Records excerpted from a collection:
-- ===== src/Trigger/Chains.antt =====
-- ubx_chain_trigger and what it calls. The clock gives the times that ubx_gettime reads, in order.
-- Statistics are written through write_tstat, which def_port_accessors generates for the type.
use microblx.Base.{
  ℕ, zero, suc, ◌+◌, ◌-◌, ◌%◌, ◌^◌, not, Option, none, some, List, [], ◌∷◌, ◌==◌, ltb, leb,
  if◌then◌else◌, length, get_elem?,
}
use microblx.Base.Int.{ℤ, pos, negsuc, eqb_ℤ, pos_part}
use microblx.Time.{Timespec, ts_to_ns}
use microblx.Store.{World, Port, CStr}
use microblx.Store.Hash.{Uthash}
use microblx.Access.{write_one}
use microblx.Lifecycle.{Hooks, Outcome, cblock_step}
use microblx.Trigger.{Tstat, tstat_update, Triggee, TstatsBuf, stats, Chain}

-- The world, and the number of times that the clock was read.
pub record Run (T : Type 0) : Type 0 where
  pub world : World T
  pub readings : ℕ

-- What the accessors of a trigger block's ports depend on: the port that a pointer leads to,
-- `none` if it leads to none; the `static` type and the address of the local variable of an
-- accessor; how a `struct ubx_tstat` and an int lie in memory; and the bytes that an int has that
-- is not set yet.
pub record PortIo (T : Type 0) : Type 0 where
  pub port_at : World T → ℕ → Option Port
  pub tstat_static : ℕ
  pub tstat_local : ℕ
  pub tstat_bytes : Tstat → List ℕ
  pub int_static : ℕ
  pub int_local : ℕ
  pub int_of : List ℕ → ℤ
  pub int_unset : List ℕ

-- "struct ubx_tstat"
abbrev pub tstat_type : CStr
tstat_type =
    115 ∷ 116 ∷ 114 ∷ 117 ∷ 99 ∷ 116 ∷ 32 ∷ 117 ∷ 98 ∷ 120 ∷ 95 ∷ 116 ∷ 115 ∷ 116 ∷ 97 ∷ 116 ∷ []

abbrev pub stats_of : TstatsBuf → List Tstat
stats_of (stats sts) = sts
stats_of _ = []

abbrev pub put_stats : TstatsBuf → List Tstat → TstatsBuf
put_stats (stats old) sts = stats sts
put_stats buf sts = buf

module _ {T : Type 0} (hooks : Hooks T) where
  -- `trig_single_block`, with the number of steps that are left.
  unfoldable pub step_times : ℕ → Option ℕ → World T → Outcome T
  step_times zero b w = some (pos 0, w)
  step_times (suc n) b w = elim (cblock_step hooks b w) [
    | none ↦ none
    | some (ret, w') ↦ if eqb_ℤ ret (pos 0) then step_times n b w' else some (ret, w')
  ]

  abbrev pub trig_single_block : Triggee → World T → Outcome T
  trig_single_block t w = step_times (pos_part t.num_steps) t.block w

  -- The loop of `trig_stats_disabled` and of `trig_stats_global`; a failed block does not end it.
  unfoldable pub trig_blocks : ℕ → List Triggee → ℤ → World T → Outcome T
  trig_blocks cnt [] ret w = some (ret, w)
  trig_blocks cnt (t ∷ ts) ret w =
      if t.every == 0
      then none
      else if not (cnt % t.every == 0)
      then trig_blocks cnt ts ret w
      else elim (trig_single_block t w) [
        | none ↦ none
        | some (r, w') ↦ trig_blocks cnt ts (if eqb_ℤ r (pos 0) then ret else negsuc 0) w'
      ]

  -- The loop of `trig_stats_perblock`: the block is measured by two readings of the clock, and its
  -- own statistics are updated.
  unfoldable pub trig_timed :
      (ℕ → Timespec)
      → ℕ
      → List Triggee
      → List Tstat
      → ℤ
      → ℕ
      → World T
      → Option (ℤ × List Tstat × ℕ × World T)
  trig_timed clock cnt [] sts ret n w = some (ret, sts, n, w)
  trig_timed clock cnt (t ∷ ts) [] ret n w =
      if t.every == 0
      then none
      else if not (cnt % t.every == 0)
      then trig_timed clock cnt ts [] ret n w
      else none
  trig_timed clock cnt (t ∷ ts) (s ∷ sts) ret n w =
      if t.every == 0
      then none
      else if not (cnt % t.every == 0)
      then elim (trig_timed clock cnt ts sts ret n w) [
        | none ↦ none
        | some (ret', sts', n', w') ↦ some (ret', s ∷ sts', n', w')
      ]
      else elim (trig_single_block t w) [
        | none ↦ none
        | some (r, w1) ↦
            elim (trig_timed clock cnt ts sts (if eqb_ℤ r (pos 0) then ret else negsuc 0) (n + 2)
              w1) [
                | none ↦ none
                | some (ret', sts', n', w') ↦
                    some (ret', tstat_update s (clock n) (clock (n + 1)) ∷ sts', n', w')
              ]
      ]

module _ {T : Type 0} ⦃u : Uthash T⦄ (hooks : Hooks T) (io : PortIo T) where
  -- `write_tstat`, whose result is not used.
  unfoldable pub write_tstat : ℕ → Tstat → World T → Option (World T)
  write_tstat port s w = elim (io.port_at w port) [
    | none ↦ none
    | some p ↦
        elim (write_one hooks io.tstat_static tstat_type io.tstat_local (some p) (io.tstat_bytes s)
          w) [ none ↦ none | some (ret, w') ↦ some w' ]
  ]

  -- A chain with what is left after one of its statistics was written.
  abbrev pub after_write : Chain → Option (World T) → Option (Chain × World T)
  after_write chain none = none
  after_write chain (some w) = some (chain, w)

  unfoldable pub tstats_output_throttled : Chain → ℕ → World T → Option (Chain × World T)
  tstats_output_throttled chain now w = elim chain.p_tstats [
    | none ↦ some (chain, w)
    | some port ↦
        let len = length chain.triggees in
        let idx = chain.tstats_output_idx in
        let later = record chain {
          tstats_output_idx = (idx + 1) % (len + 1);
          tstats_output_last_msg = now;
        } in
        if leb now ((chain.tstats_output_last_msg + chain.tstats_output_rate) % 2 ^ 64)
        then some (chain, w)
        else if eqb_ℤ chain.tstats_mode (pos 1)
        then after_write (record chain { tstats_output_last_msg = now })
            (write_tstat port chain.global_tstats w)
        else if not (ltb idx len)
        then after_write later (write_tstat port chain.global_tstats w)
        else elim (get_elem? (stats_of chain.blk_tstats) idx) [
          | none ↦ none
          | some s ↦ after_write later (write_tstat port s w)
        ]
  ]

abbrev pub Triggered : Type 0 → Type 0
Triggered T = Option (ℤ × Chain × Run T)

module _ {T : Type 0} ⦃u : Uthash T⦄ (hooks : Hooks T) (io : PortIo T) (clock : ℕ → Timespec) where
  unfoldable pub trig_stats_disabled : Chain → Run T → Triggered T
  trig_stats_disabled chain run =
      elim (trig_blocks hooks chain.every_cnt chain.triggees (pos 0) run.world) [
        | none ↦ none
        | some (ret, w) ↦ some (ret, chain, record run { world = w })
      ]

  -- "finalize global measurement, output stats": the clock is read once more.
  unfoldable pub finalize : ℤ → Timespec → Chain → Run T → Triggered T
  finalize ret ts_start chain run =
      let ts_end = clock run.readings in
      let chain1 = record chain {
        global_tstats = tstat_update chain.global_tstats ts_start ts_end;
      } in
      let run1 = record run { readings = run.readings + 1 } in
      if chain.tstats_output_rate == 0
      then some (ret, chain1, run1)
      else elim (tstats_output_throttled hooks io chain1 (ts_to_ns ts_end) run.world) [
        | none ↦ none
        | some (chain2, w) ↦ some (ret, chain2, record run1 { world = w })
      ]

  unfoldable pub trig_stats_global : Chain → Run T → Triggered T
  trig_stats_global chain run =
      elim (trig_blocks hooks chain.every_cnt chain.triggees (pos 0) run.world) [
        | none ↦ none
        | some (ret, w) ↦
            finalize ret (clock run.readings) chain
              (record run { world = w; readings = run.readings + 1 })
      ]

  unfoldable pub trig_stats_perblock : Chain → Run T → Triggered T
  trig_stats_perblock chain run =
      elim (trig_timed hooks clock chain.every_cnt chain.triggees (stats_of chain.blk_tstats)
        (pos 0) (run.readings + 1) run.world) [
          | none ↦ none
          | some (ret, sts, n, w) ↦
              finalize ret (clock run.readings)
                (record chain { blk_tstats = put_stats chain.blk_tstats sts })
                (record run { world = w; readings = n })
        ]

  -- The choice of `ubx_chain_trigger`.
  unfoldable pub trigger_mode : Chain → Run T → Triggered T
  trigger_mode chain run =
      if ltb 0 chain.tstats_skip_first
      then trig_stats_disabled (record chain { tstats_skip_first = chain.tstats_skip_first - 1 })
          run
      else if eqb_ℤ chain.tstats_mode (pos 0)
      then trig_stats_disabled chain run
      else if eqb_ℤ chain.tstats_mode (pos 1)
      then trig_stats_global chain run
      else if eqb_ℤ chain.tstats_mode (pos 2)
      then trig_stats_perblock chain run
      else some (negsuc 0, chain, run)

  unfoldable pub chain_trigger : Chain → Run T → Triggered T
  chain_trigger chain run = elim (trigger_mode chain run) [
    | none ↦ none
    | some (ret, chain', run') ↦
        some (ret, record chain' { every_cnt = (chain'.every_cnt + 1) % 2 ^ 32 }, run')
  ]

= Exercise details =
From the records above, quote only the lines running from the line with "step_times (suc n)" to the line with "unfoldable pub trig_blocks", both lines included.

= Result of the task =
  step_times (suc n) b w = elim (cblock_step hooks b w) [
    | none ↦ none
    | some (ret, w') ↦ if eqb_ℤ ret (pos 0) then step_times n b w' else some (ret, w')
  ]

  abbrev pub trig_single_block : Triggee → World T → Outcome T
  trig_single_block t w = step_times (pos_part t.num_steps) t.block w

  -- The loop of `trig_stats_disabled` and of `trig_stats_global`; a failed block does not end it.
  unfoldable pub trig_blocks : ℕ → List Triggee → ℤ → World T → Outcome T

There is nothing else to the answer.